__Task goal__:
Which lines in the records below mention the word "IsTable"? Copy each one out.

= Beginning of Section =

-- ===== src/Storage/Proxies/Rows.antt =====
-- The statements on `proxies` keep its constraints
-- (internal/storage/sqlmigrations/0001_init.up.sql, internal/storage/proxies.go).
use frp_easy.Prelude.{
  ℕ, ◌+◌, ◌≤◌, ℤ, Bool, true, false, ◌||◌, ◌==◌, Option, none, some, List, [], ◌∷◌, ◌++◌, str_eq,
  eq_iff, ok, err, ◌≡◌, inl, inr, refl, arith, All, All-append, All-imp, Bool-cases, Option-cases,
}
use frp_easy.Storage.Proxies.Schema.{
  Row, Table, check_row, same_port, same_remote, has_name, has_remote, violated, others,
  replace_row, insert_row, update_row, delete_row,
}

-- two rows that some UNIQUE constraint, or the primary key, keeps apart
unfoldable pub clash : Row → Row → Bool
clash r q = r.id == q.id || (str_eq r.name q.name || same_remote r q)

unfoldable pub any_clash : Row → List Row → Bool
unfolding clash
any_clash r [] = false
any_clash r (q ∷ rs) = clash r q || any_clash r rs

abbrev pub Separate : List Row → Type 0
Separate [] = Unit
Separate (r ∷ rs) = (any_clash r rs ≡ false) × Separate rs

-- what the schema promises of the table
pub record IsTable (t : Table) : Type 0 where
  pub checked : All (λ r. check_row r ≡ true) t.rows
  pub separate : Separate t.rows
  pub used : All (λ r. r.id ≤ t.last_id) t.rows

same_port_comm : (a b : Option ℤ) → same_port a b ≡ same_port b a
same_port_comm none none = refl
same_port_comm none (some b) = refl
same_port_comm (some a) none = refl
same_port_comm (some a) (some b) = ground arith

clash_comm : (r q : Row) → clash r q ≡ clash q r
unfolding clash
clash_comm r q = ground (
  arith,
  same_port_comm r.remote_port q.remote_port,
  eq_iff r.name q.name,
  eq_iff q.name r.name,
  eq_iff r.kind q.kind,
  eq_iff q.kind r.kind,
)

any_clash-append :
    (r q : Row) (rs : List Row) → any_clash r (rs ++ q ∷ []) ≡ (any_clash r rs || clash r q)
unfolding any_clash
any_clash-append r q [] = ground arith
any_clash-append r q (x ∷ rs) = ground (arith, any_clash-append r q rs)

Separate-append :
    (q : Row) (rs : List Row) → Separate rs → any_clash q rs ≡ false → Separate (rs ++ q ∷ [])
unfolding any_clash
Separate-append q [] s h = (refl, tt)
Separate-append q (r ∷ rs) s h = (
  ground (arith, any_clash-append r q rs, clash_comm q r),
  Separate-append q rs s.1 (ground arith),
)

any_clash-others :
    (i : ℕ) (r : Row) (rs : List Row) → any_clash r rs ≡ false → any_clash r (others i rs) ≡ false
unfolding any_clash others
any_clash-others i r [] h = refl
any_clash-others i r (q ∷ rs) h = ground (arith, any_clash-others i r rs)

Separate-others : (i : ℕ) (rs : List Row) → Separate rs → Separate (others i rs)
unfolding others
Separate-others i [] s = tt
Separate-others i (r ∷ rs) s = elim (Bool-cases (r.id == i)) [
  | inl e ↦ rw e (Separate-others i rs s.1)
  | inr e ↦ rw e (any_clash-others i r rs s.0, Separate-others i rs s.1)
]

violated-none :
    (b : Bool) (q : Row) (rs : List Row)
    → violated b q rs ≡ none
    → (check_row q ≡ true) × (has_name q rs ≡ false) × (has_remote q rs ≡ false)
unfolding violated
violated-none b q rs h = ground arith

-- beside rows with other ids, UNIQUE is all that `clash` asks
any_clash_unique :
    (q : Row) (rs : List Row)
    → has_name q rs ≡ false
    → has_remote q rs ≡ false
    → All (λ r. (q.id == r.id) ≡ false) rs
    → any_clash q rs ≡ false
unfolding any_clash has_name has_remote
any_clash_unique q [] n m a = refl
any_clash_unique q (r ∷ rs) n m a = ground (arith, any_clash_unique q rs)

fresh_id :
    (n : ℕ) (rs : List Row) → All (λ r. r.id ≤ n) rs → All (λ r. ((n + 1) == r.id) ≡ false) rs
fresh_id n rs a = All-imp _ _ rs (λ r h. ground arith) a

others_ids : (i : ℕ) (rs : List Row) → All (λ r. (i == r.id) ≡ false) (others i rs)
unfolding others
others_ids i [] = tt
others_ids i (r ∷ rs) = elim (Bool-cases (r.id == i)) [
  | inl e ↦ rw e (others_ids i rs)
  | inr e ↦ rw e (ground arith, others_ids i rs)
]

le_next : (a n : ℕ) → a ≤ n → a ≤ n + 1
le_next a n h = omega arith

le_refl : (a : ℕ) → a ≤ a
le_refl a = omega arith

pub insert_row-eq :
    (b : Bool) (r : Row) (t t' : Table)
    → insert_row b r t ≡ ok t'
    → (violated b (record r { id = t.last_id + 1 }) t.rows ≡ none)
      × (t' ≡ record {
        rows = t.rows ++ record r { id = t.last_id + 1 } ∷ [];
        last_id = t.last_id + 1;
      })
unfolding insert_row
insert_row-eq b r t t' h =
    elim (Option-cases (violated b (record r { id = t.last_id + 1 }) t.rows)) [
      | inr (c, e) ↦ let x : err c ≡ ok t' = rw (e, insert_row) at h in cc x
      | inl e ↦
          let x : ok (record {
            rows = t.rows ++ record r { id = t.last_id + 1 } ∷ [];
            last_id = t.last_id + 1;
          })
              ≡ ok t' =
            rw (e, insert_row) at h in
          (e, cc x)
    ]

pub insert_row-IsTable :
    (b : Bool) (r : Row) (t t' : Table) → IsTable t → insert_row b r t ≡ ok t' → IsTable t'
insert_row-IsTable b r t t' v h =
    let (e, x) = insert_row-eq b r t t' h in
    let q : Row = record r { id = t.last_id + 1 } in
    let (k, n, m) = violated-none b q t.rows e in
    rw x (record {
      checked = All-append _ t.rows (q ∷ []) v.checked (k, tt);
      separate =
          Separate-append q t.rows v.separate
            (any_clash_unique q t.rows n m (fresh_id t.last_id t.rows v.used));
      used =
          All-append _ t.rows (q ∷ []) (All-imp _ _ t.rows (λ y l. le_next y.id t.last_id l) v.used)
            (le_refl (t.last_id + 1), tt);
    })

pub All-replace_row {κ} :
    (P : Row → Type κ) (q : Row) (rs : List Row) → P q → All P rs → All P (replace_row q rs)
unfolding replace_row
All-replace_row P q [] h a = tt
All-replace_row P q (r ∷ rs) h a = elim (Bool-cases (r.id == q.id)) [
  | inl e ↦ rw e (h, All-replace_row P q rs h a.1)
  | inr e ↦ rw e (a.0, All-replace_row P q rs h a.1)
]

All-others {κ} : (P : Row → Type κ) (i : ℕ) (rs : List Row) → All P rs → All P (others i rs)
unfolding others
All-others P i [] a = tt
All-others P i (r ∷ rs) a = elim (Bool-cases (r.id == i)) [
  | inl e ↦ rw e (All-others P i rs a.1)
  | inr e ↦ rw e (a.0, All-others P i rs a.1)
]

any_clash-replace :
    (r q : Row) (rs : List Row)
    → any_clash r rs ≡ false
    → clash r q ≡ false
    → any_clash r (replace_row q rs) ≡ false
unfolding any_clash replace_row
any_clash-replace r q [] h c = refl
any_clash-replace r q (x ∷ rs) h c = ground (arith, any_clash-replace r q rs)

-- a row whose id none of the others has
others-same :
    (r : Row) (i : ℕ) (rs : List Row)
    → (r.id == i) ≡ true
    → any_clash r rs ≡ false
    → others i rs ≡ rs
unfolding others any_clash
others-same r i [] e h = refl
others-same r i (x ∷ rs) e h = ground (arith, others-same r i rs)

replace-same :
    (r q : Row) (rs : List Row)
    → (r.id == q.id) ≡ true
    → any_clash r rs ≡ false
    → replace_row q rs ≡ rs
unfolding replace_row any_clash
replace-same r q [] e h = refl
replace-same r q (x ∷ rs) e h = ground (arith, replace-same r q rs)

Separate-replace :
    (q : Row) (rs : List Row)
    → Separate rs
    → any_clash q (others q.id rs) ≡ false
    → Separate (replace_row q rs)
unfolding replace_row others
Separate-replace q [] s h = tt
Separate-replace q (r ∷ rs) s h = elim (Bool-cases (r.id == q.id)) [
  | inl e ↦
      let h' : any_clash q rs ≡ false = rw (e, others-same r q.id rs e s.0) at h in
      rw (e, replace-same r q rs e s.0) (h', s.1)
  | inr e ↦
      let h' : any_clash q (r ∷ others q.id rs) ≡ false = rw e at h in
      rw e (
        any_clash-replace r q rs s.0 (unfold any_clash in ground (arith, clash_comm q r)),
        Separate-replace q rs s.1 (unfold any_clash in ground arith),
      )
]

pub update_row-eq :
    (b : Bool) (r : Row) (t t' : Table)
    → update_row b r t ≡ ok t'
    → (violated b r (others r.id t.rows) ≡ none) × (t' ≡ record t { rows = replace_row r t.rows })
unfolding update_row
update_row-eq b r t t' h = elim (Option-cases (violated b r (others r.id t.rows))) [
  | inr (c, e) ↦ let x : err c ≡ ok t' = rw (e, update_row) at h in cc x
  | inl e ↦
      let x : ok (record t { rows = replace_row r t.rows }) ≡ ok t' = rw (e, update_row) at h in
      (e, cc x)
]

pub update_row-IsTable :
    (b : Bool) (r : Row) (t t' : Table)
    → IsTable t
    → r.id ≤ t.last_id
    → update_row b r t ≡ ok t'
    → IsTable t'
update_row-IsTable b r t t' v i h =
    let (e, x) = update_row-eq b r t t' h in
    let (k, n, m) = violated-none b r (others r.id t.rows) e in
    rw x (record {
      checked = All-replace_row _ r t.rows k v.checked;
      separate =
          Separate-replace r t.rows v.separate
            (any_clash_unique r (others r.id t.rows) n m (others_ids r.id t.rows));
      used = All-replace_row _ r t.rows i v.used;
    })

pub delete_row-IsTable : (i : ℕ) (t : Table) → IsTable t → IsTable (delete_row i t)
unfolding delete_row
delete_row-IsTable i t v = record {
  checked = All-others _ i t.rows v.checked;
  separate = Separate-others i t.rows v.separate;
  used = All-others _ i t.rows v.used;
}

= End of Section =

__Output of the exercise__:
pub record IsTable (t : Table) : Type 0 where
pub insert_row-IsTable :
    (b : Bool) (r : Row) (t t' : Table) → IsTable t → insert_row b r t ≡ ok t' → IsTable t'
insert_row-IsTable b r t t' v h =
pub update_row-IsTable :
    → IsTable t
    → IsTable t'
update_row-IsTable b r t t' v i h =
pub delete_row-IsTable : (i : ℕ) (t : Table) → IsTable t → IsTable (delete_row i t)
delete_row-IsTable i t v = record {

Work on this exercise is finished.